Some end-of-life cases are so unclear, he thinks, that people should be able to choose in advance the definition of death they want to be used to declare them deceased.
"Most ordinary people, including most physicians, assume whether you're dead or alive is a science question," Veatch, a Georgetown University medical ethics professor who has lectured about death and dying for over three decades, told Reuters.
"In my view, it's a philosophical and religious issue and different people have different views on the matter," he said at a bioethics seminar at Georgetown's Kennedy School of Ethics.
Thanks to medical progress, terminally ill patients or victims of severe accidents can be kept on life support far beyond the point where they would have died naturally.

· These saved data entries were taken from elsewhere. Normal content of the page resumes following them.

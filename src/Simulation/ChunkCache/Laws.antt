-- ===== src/Simulation/ChunkCache/Laws.antt =====
-- demoPlayback.ts: the chunk cache counts its bytes and keeps to its limit.
use sih.Prelude.{
  ℕ, ◌+◌, ◌-◌, ◌≤◌, ◌<◌, ◌≡◌, ◌⊎◌, inl, inr, refl, sym, ap, ◌∙◌, subst, true, false, String, List,
  [], ◌∷◌, none, some, Memᴰ, arith, Bool-cases, Option-cases, find, find_sound, find-none, ltb, leb,
  ◌===◌, eq_iff, eq_refl,
}
use sih.Simulation.ChunkCache.{
  Entry, ChunkCache, max_bytes, is_cached, delete, set, evict, store, refresh, load,
}
use sih.Simulation.ChunkCache.Entries.{
  total, IsDistinct, total-append, is_cached-append, apart, IsDistinct-append, set_new, deleted,
  IsDistinct-delete, total-delete,
}

-- The count of bytes is that of the entries, within the limit, and no key stands twice.
pub record IsSound (cache : ChunkCache) : Type 0 where
  pub counted : cache.bytes ≡ total cache.entries
  pub bounded : cache.bytes ≤ max_bytes
  pub distinct : IsDistinct cache.entries

-- What the eviction leaves.
record HasRoom (size : ℕ) (es : List Entry) (room : ChunkCache) : Type 0 where
  counted : room.bytes ≡ total room.entries
  fits : room.bytes + size ≤ max_bytes
  distinct : IsDistinct room.entries
  fewer : (url : String) → is_cached url es ≡ false → is_cached url room.entries ≡ false

evict_lem :
    (size : ℕ) (es : List Entry) (bytes : ℕ)
    → size ≤ max_bytes
    → bytes ≡ total es
    → IsDistinct es
    → (room : ChunkCache) × (evict size es bytes ≡ some room) × HasRoom size es room
unfolding evict
evict_lem size [] bytes small h distinct =
    let fits : ltb max_bytes (bytes + size) ≡ false = ground arith in
    (
      record { entries = []; bytes = bytes },
      rw fits refl,
      record { counted = h; fits = ground arith; distinct = tt; fewer = λ url k. k },
    )
evict_lem size (e ∷ es) bytes small h (new, distinct) =
    elim (Bool-cases (ltb max_bytes (bytes + size))) [
      | inl over ↦
          let (room, e', r) =
            evict_lem size es (bytes - e.byte_length) small (omega arith) distinct in
          (
            room,
            rw over e',
            record {
              counted = r.counted;
              fits = r.fits;
              distinct = r.distinct;
              fewer = λ url k. r.fewer url (apart e es url k).1;
            },
          )
      | inr under ↦ (
        record { entries = e ∷ es; bytes = bytes },
        rw under refl,
        record { counted = h; fits = ground arith; distinct = (new, distinct); fewer = λ url k. k },
      )
    ]

-- Adding a new key at the end, within the limit.
push-IsSound :
    (e : Entry) (es : List Entry) (bytes : ℕ)
    → bytes ≡ total es + e.byte_length
    → bytes ≤ max_bytes
    → IsDistinct es
    → is_cached e.url es ≡ false
    → IsSound (record { entries = set e es; bytes = bytes })
push-IsSound e es bytes count bound distinct new =
    subst (λ ds. IsSound (record { entries = ds; bytes = bytes })) (sym (set_new e es new))
      (record {
        counted = omega (arith, total-append es (e ∷ []));
        bounded = bound;
        distinct = IsDistinct-append es e distinct new;
      })

set-cached :
    (e : Entry) (es : List Entry) → is_cached e.url es ≡ false → is_cached e.url (set e es) ≡ true
set-cached e es new =
    ap (is_cached e.url) (set_new e es new)
    ∙ is_cached-append e.url es e
    ∙ ground (arith, eq_refl e.url)

store_lem :
    (e : Entry) (cache : ChunkCache)
    → IsSound cache
    → is_cached e.url cache.entries ≡ false
    → (c : ChunkCache) × (store e cache ≡ some c)
      × IsSound c
      × ((is_cached e.url c.entries ≡ true) ⊎ (max_bytes < e.byte_length))
unfolding store
store_lem e cache s new = elim (Bool-cases (leb e.byte_length max_bytes)) [
  | inl small ↦
      let (room, found, r) =
        evict_lem e.byte_length cache.entries cache.bytes (ground arith) s.counted s.distinct in
      let absent = r.fewer e.url new in
      (
        record { entries = set e room.entries; bytes = room.bytes + e.byte_length },
        rw (small, found) refl,
        push-IsSound e room.entries (room.bytes + e.byte_length) (omega (arith, r.counted)) r.fits
            r.distinct absent,
        inl (set-cached e room.entries absent),
      )
  | inr large ↦ (cache, rw large refl, s, inr (ground arith))
]

refresh_lem :
    (e : Entry) (cache : ChunkCache)
    → IsSound cache
    → Memᴰ e cache.entries
    → IsSound (refresh e cache) × (is_cached e.url (refresh e cache).entries ≡ true)
unfolding refresh
refresh_lem e cache s m =
    let gone = deleted e.url cache.entries in
    (
      push-IsSound e (delete e.url cache.entries) cache.bytes
          (omega (arith, s.counted, total-delete e cache.entries m s.distinct)) s.bounded
          (IsDistinct-delete e.url cache.entries s.distinct) gone,
      set-cached e (delete e.url cache.entries) gone,
    )

find_none_lem :
    (url : String) (es : List Entry)
    → find (λ e. e.url === url) es ≡ none
    → is_cached url es ≡ false
unfolding is_cached
find_none_lem url es h = find-none (λ e. e.url === url) es h

load_missed :
    (url : String) (downloaded : ℕ) (cache : ChunkCache)
    → find (λ e. e.url === url) cache.entries ≡ none
    → load url downloaded cache ≡ store (record { url = url; byte_length = downloaded }) cache
unfolding load
load_missed url downloaded cache e = rw (e, load) refl

load_found :
    (url : String) (downloaded : ℕ) (cache : ChunkCache) (d : Entry)
    → find (λ e. e.url === url) cache.entries ≡ some d
    → load url downloaded cache ≡ some (refresh d cache)
unfolding load
load_found url downloaded cache d e = rw (e, load) refl

-- A load on a cache whose byte count is that of its entries, within the limit and with no key
-- twice, never fails for lack of an entry to evict, and leaves such a cache; the chunk is in it,
-- unless it is new and larger than the limit.
pub load-IsSound :
    (url : String) (downloaded : ℕ) (cache : ChunkCache)
    → IsSound cache
    → (c : ChunkCache) × (load url downloaded cache ≡ some c)
      × IsSound c
      × ((is_cached url c.entries ≡ true) ⊎ (max_bytes < downloaded))
load-IsSound url downloaded cache s =
    elim (Option-cases (find (λ e. e.url === url) cache.entries)) [
      | inl e ↦
          let (c, found, sound, there) =
            store_lem (record { url = url; byte_length = downloaded }) cache s
              (find_none_lem url cache.entries e) in
          (c, load_missed url downloaded cache e ∙ found, sound, there)
      | inr (d, e) ↦
          let (holds, m) = find_sound (λ d. d.url === url) cache.entries e in
          let (sound, there) = refresh_lem d cache s m in
          let key : d.url ≡ url = (eq_iff d.url url).0 holds in
          (
            refresh d cache,
            load_found url downloaded cache d e,
            sound,
            inl (subst (λ u. is_cached u (refresh d cache).entries ≡ true) key there),
          )
    ]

Veatch asked if being permanently unconscious and dependent on feeding and hydration tubes is still really life. If not, then people taken off that support are not killed, he argued, but are "made dead" or they "become dead."
The traditional view is that death occurs when the heart and lungs stop. Since the 1970s, Western countries have defined it as the irreversible loss of the entire brain's functions.
But the brain stem can keep basic functions going -- such as breathing -- even in a permanent vegetative or comatose state. Continued...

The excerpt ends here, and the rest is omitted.